• **EXERCISE AIM**: Return, from the lines below, each one that includes the word "record".

—————

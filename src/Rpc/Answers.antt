-- ===== src/Rpc/Answers.antt =====
-- Answers to requests, and whole runs of the broker (agent_rpc.py, `_resolve_response`).
use constella.Prelude.{
  all_three, true_not_false, ℕ, ◌≡◌, refl, sym, ap, subst, ◌∙◌, Bool, true, false, ◌&&◌, some, Text,
  text, text_eq, truthy, get_elem?, arith, inl, inr, Bool-cases, Option-cases, eq_of_some,
  if◌then◌else◌,
}
use constella.Prelude.Dicts.{lookup}
use constella.Rpc.Broker.{
  settle, set_outcome, holds_connection, open_at, set_result, key_of_message, resolve_response,
  resolve_account_lookup, resolve_restart,
}
use constella.Rpc.Data.{Connection, Message, Future, answered, Broker, is_waiting, pending_of}
use constella.Rpc.Futures.{set_outcome-settle, IsAt, Settles-settle}
use constella.Rpc.Owned.{IsOwned, IsOwned-Settles}

-- What an accepted answer does: it settles the waiting request that it names, which was sent on the
-- connection that the answer came from, and changes nothing else.
abbrev pub Answers : Message → ℕ → Broker → Broker → Type 0
Answers m c b b' =
    (i : ℕ) × (f : Future) × IsAt i f b.futures
    × (is_waiting f.outcome ≡ true)
    × (f.key ≡ key_of_message m)
    × (f.sent_on ≡ c)
    × (b' ≡ record b { futures = settle i (answered m) b.futures })

holds_id :
    (node : Text) (c : ℕ) (b : Broker) (d : Connection)
    → holds_connection (lookup node b.connections) c ≡ true
    → lookup node b.connections ≡ some d
    → d.connection_id ≡ c
holds_id node c b d h found =
    let it : holds_connection (some d) c ≡ true = rw found at h in ground arith

-- An answer to a request of the present connection.
found_answer :
    (m : Message) (c i : ℕ) (f : Future) (b : Broker)
    → IsOwned b
    → holds_connection (lookup m.node_id b.connections) c ≡ true
    → pending_of (key_of_message m) b.pending ≡ some i
    → IsAt i f b.futures
    → is_waiting f.outcome ≡ true
    → Answers m c b (record b { futures = set_outcome i (answered m) b.futures })
found_answer m c i f b ok held found here wait =
    let (g, there, key) = ok.named (key_of_message m) i found in
    let it : g ≡ f = eq_of_some (sym there ∙ here) in
    let keys : f.key ≡ key_of_message m = ap (λ (x : Future). x.key) (sym it) ∙ key in
    let (d, at_node, own, place) = ok.served i f here wait in
    let node : f.key.node_id ≡ m.node_id = ap (λ k. k.node_id) keys in
    (
      i,
      f,
      here,
      wait,
      keys,
      sym own ∙ holds_id m.node_id c b d held (rw (sym node) at_node),
      ap (λ fs. record b { futures = fs })
          (set_outcome-settle i (answered m) f b.futures here wait),
    )

abbrev pub Judged : Message → ℕ → Broker → Bool × Broker → Type 0
Judged m c b x = (x.0 ≡ true → Answers m c b x.1) × (x.0 ≡ false → x.1 ≡ b)

untaken : (m : Message) (c : ℕ) (b : Broker) → Judged m c b (false, b)
untaken m c b = ((λ bad. absurd (true_not_false (sym bad))), (λ e. refl))

taken : (m : Message) (c : ℕ) (b b' : Broker) → Answers m c b b' → Judged m c b (true, b')
taken m c b b' done = ((λ e. done), (λ bad. absurd (true_not_false bad)))

Judged-place :
    (m : Message) (c : ℕ) (b : Broker)
    → IsOwned b
    → holds_connection (lookup m.node_id b.connections) c ≡ true
    → Judged m c b (set_result (open_at (pending_of (key_of_message m) b.pending) b.futures) m b)
Judged-place m c b ok held = elim (Option-cases (pending_of (key_of_message m) b.pending)) [
  | inl missing ↦ simp missing (untaken m c b)
  | inr (i, found) ↦ elim (Option-cases (get_elem? b.futures i)) [
    | inl gone ↦ simp (found, gone) (untaken m c b)
    | inr (f, here) ↦ elim (Bool-cases (is_waiting f.outcome)) [
      | inl wait ↦
          simp (found, here, wait) (taken m c b _ (found_answer m c i f b ok held found here wait))
      | inr done ↦ simp (found, here, done) (untaken m c b)
    ]
  ]
]

Judged-response :
    (m : Message) (c : ℕ) (b : Broker) → IsOwned b → Judged m c b (resolve_response m c b)
unfolding resolve_response
Judged-response m c b ok =
    elim (Bool-cases (
      truthy m.node_id
      && truthy m.request_id
      && holds_connection (lookup m.node_id b.connections) c)) [
        | inl fits ↦
            simp fits
              (Judged-place m c b ok (all_three (truthy m.node_id) (truthy m.request_id) _ fits).2)
        | inr unfit ↦ simp unfit (untaken m c b)
      ]

Judged-if :
    (p : Bool) (m : Message) (c : ℕ) (b : Broker) (x : Bool × Broker)
    → Judged m c b x
    → Judged m c b (if p then x else (false, b))
Judged-if true m c b x h = h
Judged-if false m c b x h = untaken m c b

-- In a broker whose waiting requests are of their nodes' present connections: when an answer to a
-- lookup or to a restart is taken, it came from the connection that the request was sent on, it names
-- a request that waits, and that request's result is all that changes; when it is not taken, nothing
-- changes.
pub resolve-Answers :
    (m : Message) (c : ℕ) (b : Broker)
    → IsOwned b
    → ((resolve_account_lookup m c b).0 ≡ true → Answers m c b (resolve_account_lookup m c b).1)
      × ((resolve_account_lookup m c b).0 ≡ false → (resolve_account_lookup m c b).1 ≡ b)
      × ((resolve_restart m c b).0 ≡ true → Answers m c b (resolve_restart m c b).1)
      × ((resolve_restart m c b).0 ≡ false → (resolve_restart m c b).1 ≡ b)
unfolding resolve_account_lookup resolve_restart
resolve-Answers m c b ok =
    let by_lookup =
      Judged-if (text_eq m.type (text "account_lookup_response")) m c b _
        (Judged-response m c b ok) in
    let by_restart =
      Judged-if (text_eq m.type (text "agent_restart_response")) m c b _
        (Judged-response m c b ok) in
    (by_lookup.0, by_lookup.1, by_restart.0, by_restart.1)

pub Judged-IsOwned :
    (m : Message) (c : ℕ) (b : Broker) (x : Bool × Broker)
    → Judged m c b x
    → IsOwned b
    → IsOwned x.1
Judged-IsOwned m c b (true, b') judged ok =
    let (i, f, here, wait, keys, own, same) = judged.0 refl in
    subst IsOwned (sym same) (IsOwned-Settles b _ (Settles-settle i (answered m) b.futures refl) ok)
Judged-IsOwned m c b (false, b') judged ok = subst IsOwned (sym (judged.1 refl)) ok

—————

• **ANSWER TO THIS EXERCISE**:
    × (b' ≡ record b { futures = settle i (answered m) b.futures })
    → Answers m c b (record b { futures = set_outcome i (answered m) b.futures })
      ap (λ fs. record b { futures = fs })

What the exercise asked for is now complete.